Auch wenn es so sein sollte, dass von wechselseitiger Partikularinteressen-Unterstützung im Milchkuh-Staat die grosse Mehrheit zunächst einmal profitiert. Denn jemand muss die Zeche bezahlen. Und wenn im Schnittpunkt der vereinigten Partikularinteressen sogar der Beschluss gelingt, die Bezahlung aufzuschieben -- man besichtige den Staatshaushalt des Bundes und der meisten Kantone --, dann bezahlen halt die Kinder und Enkel die Rechnung. Das ist selten Investition, meistens Betrug.

Denn wozu anders als zu partikulärem Nutzen kann Macht denn dienen? Warum sollte jemand für sich Macht suchen um der Allgemeinheit zu dienen? Wer glaubt zu sehen, was zum Guten aller dient, der muss sich mit andern, die das auch sehen können, einigen. Ist an Visionen etwas dran im Sinne eines allgemeinen Guts, dann muss es Gesinnungsgenossen und Unterstützung über einen beschränkten Kreis hinaus geben. In einem selbstorganisierten Gebilde werden Vorgänge, die wirklich dem Ganzen dienen, rasch und selbstverständlich zum Allgemeingut. Zu ihrer Durchführung --nicht Durchsetzung-- braucht es dann keine Macht.

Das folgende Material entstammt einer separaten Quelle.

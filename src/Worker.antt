-- ===== src/Worker.antt =====
-- apps/worker/src/tasks/task-events.consumer.ts: `TaskEventsConsumer.handle` with `ensureQueueRoom`, of
-- any number of events at once: partitions are handled side by side, so that a call is cut at its
-- awaits and others come between. The job queue (packages/jobs/src/job-queue.ts) is what it answers.
-- Times are milliseconds.
pub mod Handled
use nodejs_basics.Prelude.{
  ℕ, ◌+◌, ◌-◌, String, Bool, true, false, Option, none, some, List, [], ◌∷◌, ◌++◌, ltb, leb, ◌==◌,
  ◌===◌, string_key, if◌then◌else◌,
}

-- `QUEUE_DEPTH_TTL_MS`
abbrev pub queue_depth_ttl_ms : ℕ
queue_depth_ttl_ms = 1000

-- A parsed message: its `type`, and the task's id if it keeps the contract of a task.created event.
pub record Decoded : Type 0 where
  pub event_type : Option String
  pub contract_id : Option String

-- `queueDepth`
pub record QueueDepth : Type 0 where
  pub waiting : ℕ
  pub at : ℕ

-- `KafkaPermanentError` in its two uses, and the two kinds of backpressure.
pub data Failure : Type 0 where
  not_json breaks_contract : Failure
  queue_unavailable : Failure
  queue_full : (waiting : ℕ) → Failure

pub data Outcome : Type 0 where
  skipped enqueued : Outcome
  threw : Failure → Outcome

-- Where a call of `handle` stands: not called yet, at the `waiting()` or the `send` of the queue that it
-- awaits, or ended.
pub data Phase : Type 0 where
  idle : Phase
  reading : (id : String) → (now : ℕ) → Phase
  sending : (id : String) → Phase
  ended : Outcome → Phase

-- `sent` are the keys of the sends that the queue took, in order; the code keeps no such field.
pub record Worker : Type 0 where
  pub queue_depth : Option QueueDepth
  pub phase : ℕ → Phase
  pub sent : List String

-- What a step meets: the clock, the answer of `waiting()`, `none` if it rejects, and whether a `send`
-- resolves.
pub record World : Type 0 where
  pub now : ℕ
  pub waiting : Option ℕ
  pub send_ok : Bool

abbrev pub enter : ℕ → Phase → Worker → Worker
enter i p w = record {
  queue_depth = w.queue_depth;
  phase = λ j. if j == i then p else w.phase j;
  sent = w.sent;
}

abbrev pub is_stale : (now : ℕ) → Option QueueDepth → Bool
is_stale now none = true
is_stale now (some depth) = ltb queue_depth_ttl_ms (now - depth.at)

-- The second half of `ensureQueueRoom`; the depth is known there.
abbrev pub if_room : (max_waiting : ℕ) → Option QueueDepth → String → Phase
if_room max_waiting none id = sending id
if_room max_waiting (some depth) id =
    if leb max_waiting depth.waiting then ended (threw (queue_full depth.waiting)) else sending id

-- `ensureQueueRoom`, up to its `await`.
unfoldable pub ensure_queue_room :
    (max_waiting : ℕ) → (now : ℕ) → Option QueueDepth → String → Phase
ensure_queue_room max_waiting now depth id =
    if is_stale now depth then reading id now else if_room max_waiting depth id

abbrev pub is_ours : Option String → Bool
is_ours none = false
is_ours (some event_type) = event_type === "task.created"

abbrev pub if_contract : (max_waiting : ℕ) → (now : ℕ) → Option QueueDepth → Option String → Phase
if_contract max_waiting now depth none = ended (threw breaks_contract)
if_contract max_waiting now depth (some id) = ensure_queue_room max_waiting now depth id

-- `handle`, up to its first `await`, on what `JSON.parse` makes of the message; `none` where it throws.
unfoldable pub handle : (max_waiting : ℕ) → (now : ℕ) → Option QueueDepth → Option Decoded → Phase
unfolding ensure_queue_room
handle max_waiting now depth none = ended (threw not_json)
handle max_waiting now depth (some decoded) =
    if is_ours decoded.event_type
    then if_contract max_waiting now depth decoded.contract_id
    else ended skipped

-- What `ensureQueueRoom` does with the answer of `waiting()`.
abbrev pub after_waiting : (max_waiting i : ℕ) → String → ℕ → Option ℕ → Worker → Worker
after_waiting max_waiting i id now none w = enter i (ended (threw queue_unavailable)) w
after_waiting max_waiting i id now (some waiting) w =
    let depth = some (record { waiting = waiting; at = now }) in
    enter i (if_room max_waiting depth id)
      (record { queue_depth = depth; phase = w.phase; sent = w.sent })

abbrev pub counted : Option QueueDepth → Option QueueDepth
counted none = none
counted (some depth) = some (record { waiting = depth.waiting + 1; at = depth.at })

-- `queue.send(event, event.id)` and the count.
abbrev pub after_send : (i : ℕ) → String → (send_ok : Bool) → Worker → Worker
after_send i id false w = enter i (ended (threw queue_unavailable)) w
after_send i id true w =
    enter i (ended enqueued)
      (record { queue_depth = counted w.queue_depth; phase = w.phase; sent = w.sent ++ id ∷ [] })

abbrev pub step_at : (max_waiting : ℕ) → Option Decoded → ℕ → World → Phase → Worker → Worker
step_at max_waiting message i env idle w =
    enter i (handle max_waiting env.now w.queue_depth message) w
step_at max_waiting message i env (reading id now) w =
    after_waiting max_waiting i id now env.waiting w
step_at max_waiting message i env (sending id) w = after_send i id env.send_ok w
step_at max_waiting message i env (ended outcome) w = w

-- The next step of call `i`; `messages` gives what each call is called with.
unfoldable pub step :
    (max_waiting : ℕ) → (messages : ℕ → Option Decoded) → Worker → ℕ × World → Worker
step max_waiting messages w (i, env) = step_at max_waiting (messages i) i env (w.phase i) w

unfoldable pub run :
    (max_waiting : ℕ) → (messages : ℕ → Option Decoded) → Worker → List (ℕ × World) → Worker
unfolding step
run max_waiting messages w [] = w
run max_waiting messages w (e ∷ es) = run max_waiting messages (step max_waiting messages w e) es

-- No call yet.
unfoldable pub fresh : Worker
fresh = record { queue_depth = none; phase = λ i. idle; sent = [] }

Machtansprüche sind nichts als ein Symptom dafür, dass jemand sich zum Stehlen anschickt. Ob für sich allein oder für Gemeinschaften von Profiteuren macht keinen Unterschied.

 

Ein erstklassiger Exportartikel

Die Schweizer haben ein Verfahren der Machtneutralisierung erfunden, das ich langfristig für das nachhaltigste aller bekannten Verfahren halte. Auf Fairness im Sinn der Gentlemen von einst ist heute kein Verlass mehr, wie das britische Empire zeigt. Auch Checks and Balances, wie sie die amerikanischen Gründerväter ersonnen haben, können offenbar unterlaufen werden und verhindern nicht diese Anmassung, Weltmacht und Weltpolizei zugleich zu spielen.

Unser Verfahren, der Macht keine Chance zu geben, ist seine Fortsetzung wert. Jedenfalls im Kleinstaat. Eigentlich ein erstklassiger Exportartikel. Wenn wir ihn nicht verludern lassen würden. Freilich zum Verschenken, nicht zum Verkaufen. Viele Menschen auf der ganzen Erde sehnen sich nach einem Leben unter gebändigter, unter neutralisierter Macht.

 

Der Autor ist emeritierter Professor für Psychologie an der Universität Bern. Er ist verschiedentlich publizistisch tätig geworden. (http://www.psy.unibe.ch/ukp/langpapers/)

(Der Text wurde am 17.November 1998 von einem reputierten Blatt zur Publikation angenommen; im Januar 1999 wurden Änderungen, die weit über das Redaktionelle hinausgingen, zur Bedingung für die Publikation gemacht, die ich nicht annehmen konnte.)